If a line in the data below holds the word "IsGood", copy it.

^^^^

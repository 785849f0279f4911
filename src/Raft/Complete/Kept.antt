-- ===== src/Raft/Complete/Kept.antt =====
-- What was held stays held as the book grows.
use raft_implementation.Prelude.{
  ℕ, ◌-◌, ◌≤◌, ◌≡◌, inl, inr, refl, sym, ap, ◌∙◌, subst, String, List, arith,
}
use raft_implementation.Raft.Log.{Log, LogEntry, last_index}
use raft_implementation.Raft.Rpc.{RequestVoteArgs}
use raft_implementation.Raft.Node.{RaftNode}
use raft_implementation.Raft.Cluster.{Cluster}
use raft_implementation.Raft.Matching.{Book}
use raft_implementation.Raft.Matching.Logs.{AreSame, AreSame-trans, IsGood, Grows, IsGood-Grows}
use raft_implementation.Raft.Complete.{IsHolding, Past, seen_in, Holds, Strays, Kept, Voucher, Win}

module _ (book book' : Book) (grows : Grows book book') where
  Holds-Grows : (t x : ℕ) (l m : Log) → AreSame m l x → Holds book t x l → Holds book' t x m
  Holds-Grows t x l m like h =
      let (g, listed, same) = grows t h.by h.its_log h.listed in
      let old = AreSame-trans l h.its_log g x _ h.same same h.same.within' in
      record {
        by = h.by;
        its_log = g;
        listed = listed;
        same = AreSame-trans m l g x x like old (omega arith);
        positive = h.positive;
        its_term =
            subst (λ (e : LogEntry). e.term ≡ t) (same.reads x h.positive h.same.within')
              h.its_term;
      }

  pub Strays-Grows : (t x b b' : ℕ) → b ≤ b' → Strays book t x b → Strays book' t x b'
  Strays-Grows t x b b' more h =
      let (g, listed, same) = grows t h.by h.its_log h.listed in
      let (g', listed', same') = grows h.later h.rival h.rival_log h.rival_listed in
      record {
        by = h.by;
        its_log = g;
        listed = listed;
        within = omega (arith, h.within, same.within');
        later = h.later;
        after = h.after;
        until = omega (arith, h.until);
        rival = h.rival;
        rival_log = g';
        rival_listed = listed';
        place = h.place;
        positive = h.positive;
        low = h.low;
        in_rival = omega (arith, h.in_rival, same'.within');
        differs = λ e. h.differs (
            same'.reads h.place h.positive h.in_rival
            ∙ e
            ∙ sym (same.reads h.place h.positive (omega (arith, h.low, h.within))));
      }

  -- A log that is the same up to x, in a later term.
  pub Kept-AreSame :
      (t x b b' : ℕ) (l m : Log)
      → b ≤ b'
      → (x ≤ last_index l → AreSame m l x)
      → Kept book t x b l
      → Kept book' t x b' m
  Kept-AreSame t x b b' l m more like (inl h) = inl (Holds-Grows t x l m (like h.same.within) h)
  Kept-AreSame t x b b' l m more like (inr h) = inr (Strays-Grows t x b b' more h)

  pub Kept-Grows : (t x b : ℕ) (l : Log) → Kept book t x b l → Kept book' t x b l
  Kept-Grows t x b l =
      Kept-AreSame t x b b l l (omega arith)
        (λ low. record { within = low; within' = low; reads = λ k a c. refl })

  -- A voucher outlasts a step: its voter is past the terms of which it speaks.
  pub Voucher-later :
      (past : Past) (d : Cluster) (v : String) (u b c : ℕ) (request : RequestVoteArgs)
      → c ≤ (d.node v).current_term
      → Voucher past book v u b request c
      → Voucher (seen_in past d) book' v u b request (d.node v).current_term
  Voucher-later past d v u b c request more h = record {
    log = h.log;
    good = IsGood-Grows book book' grows h.log h.good;
    passed = h.passed;
    kept = λ t x low was. elim was [
      | inl before ↦ Kept-Grows t x b h.log (h.kept t x low before)
      | inr now ↦ absurd (omega (arith, h.late, now.in_term))
    ];
    late = omega (arith, h.late);
  }

  pub Win-later :
      (ids : List String) (past : Past) (c d : Cluster) (u : ℕ) (l m : Log)
      → ((v : String) → (c.node v).current_term ≤ (d.node v).current_term)
      → AreSame l m (last_index l)
      → Win ids past book c u l
      → Win ids (seen_in past d) book' d u m
  Win-later ids past c d u l m older like h = record {
    bid = h.bid;
    good = IsGood-Grows book book' grows h.bid h.good;
    same = AreSame-trans h.bid l m _ _ h.same like h.same.within';
    zeroth = h.zeroth;
    older = h.older;
    request = h.request;
    described = h.described;
    voters = h.voters;
    majority = h.majority;
    vouched = λ v e. Voucher-later past d v u (u - 1) _ h.request (older v) (h.vouched v e);
  }

-- An entry that is of the term in which it is held is its leader's.
pub IsHolding-Holds :
    (book : Book) (n : RaftNode) (t x : ℕ)
    → IsGood book n.log
    → IsHolding n t x
    → Holds book t x n.log
IsHolding-Holds book n t x good h =
    let tr = good.traced x h.positive h.within in
    record {
      by = tr.by;
      its_log = tr.its_log;
      listed = ap book (sym h.its_term) ∙ tr.listed;
      same = tr.same;
      positive = h.positive;
      its_term =
          subst (λ (e : LogEntry). e.term ≡ t) (tr.same.reads x h.positive (omega arith))
            h.its_term;
    }
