-- ===== src/Raft/Complete/Logs.antt =====
-- Terms in logs, and what a message does to a log that holds entries of earlier leaders.
use raft_implementation.Prelude.{
  ℕ, ◌+◌, ◌-◌, ◌<◌, ◌≤◌, ◌≡◌, inl, inr, sym, ap, ◌∙◌, subst, some, arith, length, get_or, String,
  Bool-cases, leb, leb→le, leb→lt,
}
use raft_implementation.Raft.Log.{
  Log, LogEntry, zero_entry, get, last_index, last_term, snapshot_index,
}
use raft_implementation.Raft.Log.Shape.{IsLog}
use raft_implementation.Raft.Log.Basic.{last_index_lem, get_lem}
use raft_implementation.Raft.Matching.{Book}
use raft_implementation.Raft.Matching.Logs.{AreSame, Grows-refl}
use raft_implementation.Raft.Matching.Deliver.{IsCut}
use raft_implementation.Raft.Complete.{Holds, Strays, Kept, TermsUpTo}
use raft_implementation.Raft.Complete.Kept.{Strays-Grows}

-- The last term is that of the last entry.
pub last_term-get :
    (l : Log) → IsLog l → snapshot_index l ≡ 0 → last_term l ≡ (get l (last_index l)).term
unfolding last_term
last_term-get l w whole =
    let bound = last_index_lem l w in
    let at : last_index l - snapshot_index l ≡ length l.entries - 1 =
      omega (arith, w.has_sentinel) in
    ground (
      arith,
      w.has_sentinel,
      get_lem l w (last_index l) (omega (arith, w.fits, w.has_sentinel)),
      ap (λ j. get_or l.entries j zero_entry) at,
    )

pub TermsUpTo-AreSame :
    (l m : Log) (t : ℕ) → AreSame m l (last_index m) → TermsUpTo l t → TermsUpTo m t
TermsUpTo-AreSame l m t same h k a b =
    subst (λ (e : LogEntry). e.term ≤ t) (sym (same.reads k a b))
      (h k a (omega (arith, b, same.within')))

pub TermsUpTo-later : (l : Log) (t u : ℕ) → t ≤ u → TermsUpTo l t → TermsUpTo l u
TermsUpTo-later l t u more h k a b = omega (arith, h k a b)

module _ (book : Book) (l m theirs : Log) (cut : IsCut l theirs m) where
  -- An entry held below the cut is kept.
  kept_below : (t x : ℕ) → x ≤ cut.place → Holds book t x l → Holds book t x m
  kept_below t x low h = record {
    by = h.by;
    its_log = h.its_log;
    listed = h.listed;
    same = record {
      within = omega (arith, cut.below);
      within' = h.same.within';
      reads = λ k a b. cut.before k (omega arith) ∙ h.same.reads k a b;
    };
    positive = h.positive;
    its_term = h.its_term;
  }

  -- One above it was not the leader's whose message made the cut.
  strayed :
      (t x w : ℕ) (by : String)
      → t < w
      → book w ≡ some (by, theirs)
      → cut.place < x
      → Holds book t x l
      → Strays book t x w
  strayed t x w by after listed high h = record {
    by = h.by;
    its_log = h.its_log;
    listed = h.listed;
    within = h.same.within';
    later = w;
    after = after;
    until = omega arith;
    rival = by;
    rival_log = theirs;
    rival_listed = listed;
    place = cut.place + 1;
    positive = omega arith;
    low = omega arith;
    in_rival = omega (arith, cut.below, cut.same.within');
    differs = λ e. cut.differs (h.same.reads (cut.place + 1) (omega arith) (omega arith) ∙ sym e);
  }

  -- So what a log has held of terms up to w is kept, or the leader of term w strayed.
  pub cut-Kept :
      (t x b w : ℕ) (by : String)
      → t ≤ w
      → b ≤ w
      → book w ≡ some (by, theirs)
      → Kept book t x b l
      → Kept book t x w m
  cut-Kept t x b w by low more listed (inr h) =
      inr (Strays-Grows book book (Grows-refl book) t x b w more h)
  cut-Kept t x b w by low more listed (inl h) = elim (Bool-cases (leb x cut.place)) [
    | inl below ↦ inl (kept_below t x (leb→le x cut.place below) h)
    | inr above ↦
        let high : cut.place < x = leb→lt x cut.place above in
        elim (Bool-cases (leb w t)) [
          | inr newer ↦ inr (strayed t x w by (leb→lt w t newer) listed high h)
          | inl old ↦
              let same_term : t ≡ w = omega (arith, leb→le w t old) in
              let here : book t ≡ some (by, theirs) = ap book same_term ∙ listed in
              let there = h.listed in
              let one : h.its_log ≡ theirs = cc in
              absurd (
                cut.differs (
                  h.same.reads (cut.place + 1) (omega arith) (omega arith)
                  ∙ ap (λ y. get y (cut.place + 1)) one))
        ]
  ]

^^^^

● **YOUR RESPONSE**:
use raft_implementation.Raft.Matching.Logs.{AreSame, AreSame-trans, IsGood, Grows, IsGood-Grows}
    good = IsGood-Grows book book' grows h.log h.good;
    good = IsGood-Grows book book' grows h.bid h.good;
    → IsGood book n.log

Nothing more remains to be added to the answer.